The ASSERT_WITH_SECURITY_IMPLICATION() macros in WebCore::ImageData constructors identify nullptr dereferences as security issues, which they are not.
<rdar://problem/27497338>
Created attachment 292082 [details] Patch v1
Comment on attachment 292082 [details] Patch v1 View in context: https://bugs.webkit.org/attachment.cgi?id=292082&action=review r=me > Source/WebCore/html/ImageData.cpp:126 > + ASSERT_WITH_SECURITY_IMPLICATION(!m_data || static_cast<unsigned>(size.width() * size.height() * 4) <= m_data->length()); Suggest: size.area() * 4
(In reply to comment #3) > Comment on attachment 292082 [details] > Patch v1 > > View in context: > https://bugs.webkit.org/attachment.cgi?id=292082&action=review > > r=me > > > Source/WebCore/html/ImageData.cpp:126 > > + ASSERT_WITH_SECURITY_IMPLICATION(!m_data || static_cast<unsigned>(size.width() * size.height() * 4) <= m_data->length()); > > Suggest: size.area() * 4 Should I change the other constructor as well? ImageData::ImageData(const IntSize& size) : m_size(size) , m_data(Uint8ClampedArray::createUninitialized(size.width() * size.height() * 4))

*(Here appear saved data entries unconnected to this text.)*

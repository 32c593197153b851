-- ===== src/Buffer/Slash.antt =====
-- `buffer_append_slash` of src/buffer.h.
use lighttpd.Base.{
  ℕ, ◌+◌, ◌-◌, ◌<◌, ◌≡◌, refl, ap, ◌⊎◌, inl, inr, true, [], ◌∷◌, ◌++◌, append_assoc, arith, ◌==◌,
  if◌then◌else◌, Bool-cases, length, length-append,
}
use lighttpd.Memory.{ok, Bytes, size_mod, Allocator, load}
use lighttpd.Buffer.{Buffer, append_slash}
use lighttpd.Buffer.Holds.{Holds, Stores, string_length-Stores}
use lighttpd.Buffer.Write.{append_string_len_lem}
use lighttpd.Memory.Blocks.{load_at}

-- The last byte is a slash, or one more is appended.
abbrev pub with_slash : Bytes → Bytes
with_slash [] = []
with_slash (c ∷ []) = if c == b'/' then c ∷ [] else c ∷ b'/' ∷ []
with_slash (c ∷ d ∷ s) = c ∷ with_slash (d ∷ s)

with_slash-concat :
    (us : Bytes) (x : ℕ)
    → with_slash (us ++ (x ∷ []))
      ≡ (if x == b'/' then us ++ (x ∷ []) else us ++ (x ∷ []) ++ (b'/' ∷ []))
with_slash-concat [] x = refl
with_slash-concat (c ∷ []) x = ground arith
with_slash-concat (c ∷ d ∷ us) x = ground (arith, with_slash-concat (d ∷ us) x)

last_cases : (s : Bytes) → (s ≡ []) ⊎ ((us : Bytes) × (x : ℕ) × (s ≡ us ++ (x ∷ [])))
last_cases [] = inl refl
last_cases (c ∷ []) = inr ([], c, refl)
last_cases (c ∷ d ∷ s) = elim (last_cases (d ∷ s)) [
  | inl e ↦ cc
  | inr (us, x, e) ↦ inr (c ∷ us, x, ap (◌∷◌ c) e)
]

held : {b : Buffer} (us : Bytes) (x : ℕ) → Stores b (us ++ (x ∷ [])) → Holds b (us ++ (x ∷ []))
held [] x (inl u) = cc (u.2)
held (c ∷ us) x (inl u) = cc (u.2)
held us x (inr k) = k

load_last :
    {b : Buffer} (us : Bytes) (x : ℕ)
    → Holds b (us ++ (x ∷ []))
    → load b.ptr (length (us ++ (x ∷ [])) - 1) ≡ ok x
load_last us x k =
    let n : length (us ++ (x ∷ [])) - 1 ≡ length us = omega (arith, length-append us (x ∷ [])) in
    rw (n, k.layout, append_assoc us (x ∷ []) (0 ∷ k.rest)) (load_at us (0 ∷ k.rest) x)

module _ (h : Allocator) (ample : (n : ℕ) → h.grants n ≡ true) where
  append_slash_last :
      {b : Buffer} (us : Bytes) (x : ℕ)
      → Holds b (us ++ (x ∷ []))
      → length (us ++ (x ∷ [])) + 2 < size_mod
      → (b' : Buffer) × (append_slash h b ≡ ok b') × Stores b' (with_slash (us ++ (x ∷ [])))
  unfolding append_slash
  append_slash_last {b} us x k q =
      let (b', e, done) =
        append_string_len_lem h ample (us ++ (x ∷ [])) (b'/' ∷ []) (inr k) (omega arith) in
      let n = string_length-Stores {b = b} {s = us ++ (x ∷ [])} (inr k) in
      elim (Bool-cases (x == b'/')) [
        | inl y ↦ (
          b,
          ground (arith, n, load_last us x k, length-append us (x ∷ [])),
          rw (with_slash-concat us x, y) (inr k),
        )
        | inr z ↦ (
          b',
          ground (arith, n, load_last us x k, e, length-append us (x ∷ [])),
          rw (with_slash-concat us x, z) (inr done),
        )
      ]

  -- With memory granted, where a buffer stores a string whose length fits a `size_t` with two
  -- bytes more, `buffer_append_slash` returns, and the buffer then stores the string with a slash
  -- behind it if it is nonempty and does not end in one, and the same string otherwise.
  pub append_slash_lem :
      {b : Buffer} (s : Bytes)
      → Stores b s
      → length s + 2 < size_mod
      → (b' : Buffer) × (append_slash h b ≡ ok b') × Stores b' (with_slash s)
  append_slash_lem {b} s k q = elim (last_cases s) [
    | inl e ↦ (
      b,
      unfold append_slash in ground (arith, string_length-Stores {b = b} {s = s} k, e),
      rw e (rw e at k),
    )
    | inr (us, x, e) ↦ rw e (append_slash_last us x (held us x (rw e at k)) (rw e at q))
  ]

(In reply to comment #4) > (In reply to comment #3) > > Comment on attachment 292082 [details] > > Patch v1 > > > > View in context: > > https://bugs.webkit.org/attachment.cgi?id=292082&action=review > > > > r=me > > > > > Source/WebCore/html/ImageData.cpp:126 > > > + ASSERT_WITH_SECURITY_IMPLICATION(!m_data || static_cast<unsigned>(size.width() * size.height() * 4) <= m_data->length()); > > > > Suggest: size.area() * 4 > > Should I change the other constructor as well? > > ImageData::ImageData(const IntSize& size) > : m_size(size) > , m_data(Uint8ClampedArray::createUninitialized(size.width() * > size.height() * 4)) Talked to Brent in person, and we agreed that we should change this one as well to match.
Committed r207560: <http://trac.webkit.org/changeset/207560>
What protects the area and * 4 computations from overflowing?
(In reply to comment #7) > What protects the area and * 4 computations from overflowing? Nothing! David and I were talking about this specific issue yesterday. David is working on a separate patch to do CheckedArithmetic math on these calculations to avoid overflowing.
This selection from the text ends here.